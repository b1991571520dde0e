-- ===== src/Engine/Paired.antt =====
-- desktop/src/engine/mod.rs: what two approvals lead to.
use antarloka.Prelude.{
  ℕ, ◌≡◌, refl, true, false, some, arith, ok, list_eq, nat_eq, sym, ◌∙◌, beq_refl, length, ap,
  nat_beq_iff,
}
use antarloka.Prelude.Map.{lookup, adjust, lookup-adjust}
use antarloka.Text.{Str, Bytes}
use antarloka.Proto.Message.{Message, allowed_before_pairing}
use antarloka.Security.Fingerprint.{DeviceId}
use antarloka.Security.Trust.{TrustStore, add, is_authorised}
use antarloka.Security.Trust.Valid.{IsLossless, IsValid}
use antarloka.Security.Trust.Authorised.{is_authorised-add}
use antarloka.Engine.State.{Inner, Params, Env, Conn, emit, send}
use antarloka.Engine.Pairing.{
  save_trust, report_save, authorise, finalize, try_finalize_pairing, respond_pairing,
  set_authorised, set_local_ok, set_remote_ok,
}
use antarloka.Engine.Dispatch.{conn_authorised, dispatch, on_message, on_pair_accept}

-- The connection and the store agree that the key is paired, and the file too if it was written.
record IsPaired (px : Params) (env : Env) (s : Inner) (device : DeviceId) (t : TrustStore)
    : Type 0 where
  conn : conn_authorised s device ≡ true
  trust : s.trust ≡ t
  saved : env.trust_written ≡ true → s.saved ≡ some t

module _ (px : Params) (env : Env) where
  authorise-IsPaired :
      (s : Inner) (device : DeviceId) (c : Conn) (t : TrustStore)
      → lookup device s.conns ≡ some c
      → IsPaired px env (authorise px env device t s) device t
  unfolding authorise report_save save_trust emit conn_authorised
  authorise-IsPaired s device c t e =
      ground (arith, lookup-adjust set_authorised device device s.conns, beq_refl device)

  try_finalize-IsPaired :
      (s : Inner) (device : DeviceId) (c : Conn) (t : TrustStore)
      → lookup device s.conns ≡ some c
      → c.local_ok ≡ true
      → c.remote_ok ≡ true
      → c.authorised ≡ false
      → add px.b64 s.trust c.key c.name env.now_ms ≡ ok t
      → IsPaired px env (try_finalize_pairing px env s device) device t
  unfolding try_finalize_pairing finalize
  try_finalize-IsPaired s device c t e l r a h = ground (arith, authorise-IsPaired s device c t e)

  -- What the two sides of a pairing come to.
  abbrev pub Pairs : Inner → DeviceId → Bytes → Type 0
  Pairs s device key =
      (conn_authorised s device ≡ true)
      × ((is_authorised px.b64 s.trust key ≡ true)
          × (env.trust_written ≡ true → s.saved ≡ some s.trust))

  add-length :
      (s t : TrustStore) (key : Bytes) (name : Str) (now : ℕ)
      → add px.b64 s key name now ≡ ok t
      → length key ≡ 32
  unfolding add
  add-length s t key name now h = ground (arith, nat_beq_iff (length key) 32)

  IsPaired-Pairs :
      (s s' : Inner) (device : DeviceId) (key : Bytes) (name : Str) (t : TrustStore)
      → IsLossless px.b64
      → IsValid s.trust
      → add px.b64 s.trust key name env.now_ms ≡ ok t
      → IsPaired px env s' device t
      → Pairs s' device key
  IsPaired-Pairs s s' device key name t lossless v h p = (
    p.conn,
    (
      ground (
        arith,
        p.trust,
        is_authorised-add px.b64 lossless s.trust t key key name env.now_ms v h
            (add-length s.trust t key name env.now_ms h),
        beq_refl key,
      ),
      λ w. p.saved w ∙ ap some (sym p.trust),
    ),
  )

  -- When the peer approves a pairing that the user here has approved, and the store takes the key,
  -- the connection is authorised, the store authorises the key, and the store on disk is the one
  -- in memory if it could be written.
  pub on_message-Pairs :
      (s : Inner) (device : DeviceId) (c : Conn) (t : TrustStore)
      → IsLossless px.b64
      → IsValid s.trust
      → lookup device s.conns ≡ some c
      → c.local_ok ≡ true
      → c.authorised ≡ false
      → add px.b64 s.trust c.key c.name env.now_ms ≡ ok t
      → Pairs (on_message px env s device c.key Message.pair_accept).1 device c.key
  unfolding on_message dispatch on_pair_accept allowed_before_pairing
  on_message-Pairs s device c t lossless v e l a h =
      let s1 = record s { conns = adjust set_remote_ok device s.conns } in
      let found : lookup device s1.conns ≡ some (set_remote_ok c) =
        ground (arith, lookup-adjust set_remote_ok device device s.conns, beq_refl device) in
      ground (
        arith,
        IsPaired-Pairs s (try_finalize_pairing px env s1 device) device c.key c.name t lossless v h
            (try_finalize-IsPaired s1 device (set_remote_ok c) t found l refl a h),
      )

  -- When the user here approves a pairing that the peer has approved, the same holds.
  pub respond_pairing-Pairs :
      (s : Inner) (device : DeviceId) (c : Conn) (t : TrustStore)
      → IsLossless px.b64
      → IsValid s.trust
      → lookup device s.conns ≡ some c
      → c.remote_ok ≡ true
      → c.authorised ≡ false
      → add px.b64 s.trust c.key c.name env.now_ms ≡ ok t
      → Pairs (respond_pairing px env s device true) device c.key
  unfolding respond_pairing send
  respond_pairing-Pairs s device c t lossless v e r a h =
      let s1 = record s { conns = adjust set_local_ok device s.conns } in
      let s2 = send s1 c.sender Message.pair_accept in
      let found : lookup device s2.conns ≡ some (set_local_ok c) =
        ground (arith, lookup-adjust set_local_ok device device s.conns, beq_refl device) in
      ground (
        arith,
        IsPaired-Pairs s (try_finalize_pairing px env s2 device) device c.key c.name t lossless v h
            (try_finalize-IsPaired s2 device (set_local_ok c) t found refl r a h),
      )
...
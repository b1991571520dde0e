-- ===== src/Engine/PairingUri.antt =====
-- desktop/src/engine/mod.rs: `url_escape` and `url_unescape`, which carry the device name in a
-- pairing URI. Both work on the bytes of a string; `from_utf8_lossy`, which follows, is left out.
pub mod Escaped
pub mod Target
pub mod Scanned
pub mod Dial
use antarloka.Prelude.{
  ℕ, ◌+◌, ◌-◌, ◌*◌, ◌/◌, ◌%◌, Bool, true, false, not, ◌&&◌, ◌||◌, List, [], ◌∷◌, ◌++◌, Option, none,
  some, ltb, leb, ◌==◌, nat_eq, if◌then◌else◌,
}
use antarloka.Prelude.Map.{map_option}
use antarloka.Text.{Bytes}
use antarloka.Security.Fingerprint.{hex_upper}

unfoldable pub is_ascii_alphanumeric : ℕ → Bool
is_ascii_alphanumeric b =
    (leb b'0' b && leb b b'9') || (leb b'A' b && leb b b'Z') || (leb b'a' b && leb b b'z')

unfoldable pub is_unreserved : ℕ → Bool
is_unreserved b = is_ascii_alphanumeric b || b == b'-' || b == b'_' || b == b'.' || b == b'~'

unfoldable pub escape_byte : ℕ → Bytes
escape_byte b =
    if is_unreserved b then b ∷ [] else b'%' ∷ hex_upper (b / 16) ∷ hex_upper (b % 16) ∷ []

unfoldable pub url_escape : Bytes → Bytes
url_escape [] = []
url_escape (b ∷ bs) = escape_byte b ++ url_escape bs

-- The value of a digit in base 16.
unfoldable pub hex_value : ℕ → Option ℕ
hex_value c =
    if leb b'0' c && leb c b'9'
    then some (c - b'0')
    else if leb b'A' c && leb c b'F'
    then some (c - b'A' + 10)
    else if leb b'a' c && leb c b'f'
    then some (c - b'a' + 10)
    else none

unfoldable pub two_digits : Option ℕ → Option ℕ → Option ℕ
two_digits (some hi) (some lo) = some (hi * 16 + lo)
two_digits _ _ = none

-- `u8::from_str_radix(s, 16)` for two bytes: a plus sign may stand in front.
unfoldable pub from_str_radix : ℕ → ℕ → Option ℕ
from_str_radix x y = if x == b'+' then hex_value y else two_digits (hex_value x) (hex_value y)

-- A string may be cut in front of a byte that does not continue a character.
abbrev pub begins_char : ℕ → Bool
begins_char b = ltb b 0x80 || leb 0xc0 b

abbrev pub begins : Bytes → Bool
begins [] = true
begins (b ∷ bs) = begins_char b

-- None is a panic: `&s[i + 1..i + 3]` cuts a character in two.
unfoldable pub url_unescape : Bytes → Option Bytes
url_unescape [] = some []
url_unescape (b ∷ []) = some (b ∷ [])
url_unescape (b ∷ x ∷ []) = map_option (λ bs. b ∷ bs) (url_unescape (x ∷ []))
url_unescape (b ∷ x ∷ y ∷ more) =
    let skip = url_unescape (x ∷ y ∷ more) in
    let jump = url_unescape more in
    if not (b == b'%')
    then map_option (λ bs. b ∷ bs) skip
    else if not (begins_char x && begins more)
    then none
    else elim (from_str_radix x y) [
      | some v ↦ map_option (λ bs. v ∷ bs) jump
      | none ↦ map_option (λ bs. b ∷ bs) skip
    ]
--
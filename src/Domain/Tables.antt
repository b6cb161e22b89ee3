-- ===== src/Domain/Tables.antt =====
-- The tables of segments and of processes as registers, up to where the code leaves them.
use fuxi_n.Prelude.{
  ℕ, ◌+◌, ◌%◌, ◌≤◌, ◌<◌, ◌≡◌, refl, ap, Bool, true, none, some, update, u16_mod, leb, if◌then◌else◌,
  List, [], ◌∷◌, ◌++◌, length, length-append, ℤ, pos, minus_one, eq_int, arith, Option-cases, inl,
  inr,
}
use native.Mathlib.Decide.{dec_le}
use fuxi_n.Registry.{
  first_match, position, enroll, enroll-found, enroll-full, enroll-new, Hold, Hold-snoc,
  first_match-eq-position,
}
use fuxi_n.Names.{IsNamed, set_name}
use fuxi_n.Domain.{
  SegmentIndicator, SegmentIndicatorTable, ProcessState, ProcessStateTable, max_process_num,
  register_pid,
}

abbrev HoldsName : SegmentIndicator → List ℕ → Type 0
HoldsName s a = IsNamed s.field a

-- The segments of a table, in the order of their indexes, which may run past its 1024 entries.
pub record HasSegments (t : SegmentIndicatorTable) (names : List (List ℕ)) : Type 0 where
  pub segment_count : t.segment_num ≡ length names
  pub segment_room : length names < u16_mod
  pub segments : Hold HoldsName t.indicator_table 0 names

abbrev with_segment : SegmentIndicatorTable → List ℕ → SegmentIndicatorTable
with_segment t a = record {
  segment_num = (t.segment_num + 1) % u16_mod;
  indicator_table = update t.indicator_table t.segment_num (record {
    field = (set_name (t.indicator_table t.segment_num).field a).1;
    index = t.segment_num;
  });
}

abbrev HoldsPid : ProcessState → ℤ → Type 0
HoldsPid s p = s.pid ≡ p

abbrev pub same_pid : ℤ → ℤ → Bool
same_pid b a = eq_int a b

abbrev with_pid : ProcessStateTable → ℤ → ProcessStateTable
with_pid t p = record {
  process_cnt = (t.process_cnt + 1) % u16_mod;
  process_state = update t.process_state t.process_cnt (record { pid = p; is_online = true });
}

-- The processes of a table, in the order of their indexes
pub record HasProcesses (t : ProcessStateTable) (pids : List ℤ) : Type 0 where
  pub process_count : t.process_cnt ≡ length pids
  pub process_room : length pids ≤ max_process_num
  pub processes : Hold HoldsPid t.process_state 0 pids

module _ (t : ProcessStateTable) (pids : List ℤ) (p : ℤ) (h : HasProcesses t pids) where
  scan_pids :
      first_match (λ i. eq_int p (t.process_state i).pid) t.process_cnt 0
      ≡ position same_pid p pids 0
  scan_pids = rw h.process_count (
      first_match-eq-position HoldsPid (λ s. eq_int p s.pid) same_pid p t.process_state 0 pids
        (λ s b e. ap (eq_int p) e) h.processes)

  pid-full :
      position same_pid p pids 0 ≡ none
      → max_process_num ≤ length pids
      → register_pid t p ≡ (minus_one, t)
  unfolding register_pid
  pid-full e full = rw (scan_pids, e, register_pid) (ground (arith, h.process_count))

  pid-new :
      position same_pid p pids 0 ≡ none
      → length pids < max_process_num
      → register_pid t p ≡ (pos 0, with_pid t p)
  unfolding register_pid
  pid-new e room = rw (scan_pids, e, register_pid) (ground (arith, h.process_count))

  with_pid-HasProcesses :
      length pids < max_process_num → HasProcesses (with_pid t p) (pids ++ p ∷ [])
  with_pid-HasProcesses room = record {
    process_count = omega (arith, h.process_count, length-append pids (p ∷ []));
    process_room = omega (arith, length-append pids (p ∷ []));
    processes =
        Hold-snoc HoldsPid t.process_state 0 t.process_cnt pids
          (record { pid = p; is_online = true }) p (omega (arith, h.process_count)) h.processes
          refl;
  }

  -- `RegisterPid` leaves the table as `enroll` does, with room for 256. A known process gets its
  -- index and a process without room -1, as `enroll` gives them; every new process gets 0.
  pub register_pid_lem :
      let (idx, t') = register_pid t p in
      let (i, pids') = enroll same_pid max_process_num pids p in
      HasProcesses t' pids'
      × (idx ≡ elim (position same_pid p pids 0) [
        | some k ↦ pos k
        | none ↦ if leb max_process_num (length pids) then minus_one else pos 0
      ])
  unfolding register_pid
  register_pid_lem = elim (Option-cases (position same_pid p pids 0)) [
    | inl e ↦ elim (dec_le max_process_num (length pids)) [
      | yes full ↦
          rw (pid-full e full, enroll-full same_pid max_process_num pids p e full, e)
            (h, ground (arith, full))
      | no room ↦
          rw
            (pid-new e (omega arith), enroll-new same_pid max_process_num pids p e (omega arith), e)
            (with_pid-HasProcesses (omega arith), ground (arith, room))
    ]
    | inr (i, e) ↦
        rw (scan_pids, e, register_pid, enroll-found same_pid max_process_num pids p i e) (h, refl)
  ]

#### EXERCISE DESCRIPTION
State, as a bare number, how many lines of the material contain "Bool".

#### EXPECTED OUTPUT
7